Patients suffering from atopic dermatitis
Table 2: Mean total per patient costs for diseased and control patients from different databases
The same trend persists for the total costs. The commercial and Medicare databases gave information for the insurance claims, patient records, cost of services and prescription drugs. Whereas Medi-cal contains information on demographics, patient records and prescription drugs for low income and disabled residents in California.
Patients suffering from Atopic dermatitis
Table 3: Total costs for diseased and control patients from different databases
Hence, the study resulted that the patients suffering from Atopic dermatitis had to suffer higher economic burdens.
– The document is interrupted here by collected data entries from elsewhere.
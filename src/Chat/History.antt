-- ===== src/Chat/History.antt =====
-- src/capabilities/dialogue/ChatHistoryStore.ts: calls of the store in a sequence.
pub mod Turns
pub mod Bounds
use sera_core.Prelude.{ℕ, String, Bool, Option, List, [], ◌∷◌}
use sera_core.Chat.{
  UiMessage, TurnRole, ProposalStatus, ChatSnapshot, ChatHistoryStore, load_from_cloud,
  append_platform_turn, append_ui_message, migrate_from, update_proposal_status, clear,
}

pub data Command : Type 0 where
  appends_turn :
      (now : ℕ) (platform channel_id : String) (role : TurnRole) (content : String) → Command
  appends_message : (msg : UiMessage) → Command
  loads : (snapshot : Option ChatSnapshot) → Command
  migrates : (source : List UiMessage) → Command
  updates_status : (proposal_id : String) (status : ProposalStatus) → Command
  clears : Command

unfoldable pub run_command : Command → ChatHistoryStore → ChatHistoryStore
run_command (appends_turn now platform channel_id role content) s =
    append_platform_turn now platform channel_id role content s
run_command (appends_message msg) s = append_ui_message msg s
run_command (loads snapshot) s = load_from_cloud snapshot s
run_command (migrates source) s = (migrate_from source s).1
run_command (updates_status proposal_id status) s = update_proposal_status proposal_id status s
run_command clears s = clear s

unfoldable pub run_commands : List Command → ChatHistoryStore → ChatHistoryStore
run_commands [] s = s
run_commands (c ∷ cs) s = run_commands cs (run_command c s)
Also, greater the disease severity, greater the burden, also shown by the Indian study.
Similar to earlier findings of asthma and rhinitis, assessment of economic burdens for atopic dermatitis present a significant gap between the two nations. On one hand, where the USA has comprehensive and well-managed databases, the Indian scenario presents no such databases. As a result, both countries again differ a lot in terms of economic assessments of diseased conditions. The data available from a single Indian study proves to be insufficient for making any generalizations and also does not help in comparison with the US. This greatly poses the demand on the Indian researchers to pursue aggressive investigations to assess the economic burden of allergies. However, a common trend of increase in disease severity and the economic burden prevailed in both USA and India.
- Handa, S., Jain, N. & Narang, T., 2015. Cost of care of atopic dermatitis in India. Indian journal of dermatology, 60(2), p.213.
- Papsch, R.B., Howe, T. & Vrabcheva, T., 2016. Comparison of the relationship between socio-economic status and health-related quality of life amongst atopic dermatitis patients across different healthcare systems. The Journal of the International Society for Pharmaeconomics and Outcomes Research, 19(7), p.A453.
- Shrestha, S. et al., 2017. Burden of atopic dermatitis in the United States: analysis of healthcare claims data in the commercial, Medicare, and Medi-Cal databases. Advances in therapy, 34(8), pp.1989–2006.
- Sicras-Mainar, A., Navarro-Artieda, R. & Carrillo, J.C., 2017. Economic impact of atopic dermatitis in Adults: A population-based study (IDEA Study). Actas Dermo-Sifiliográficas, 109(1), pp.35–46.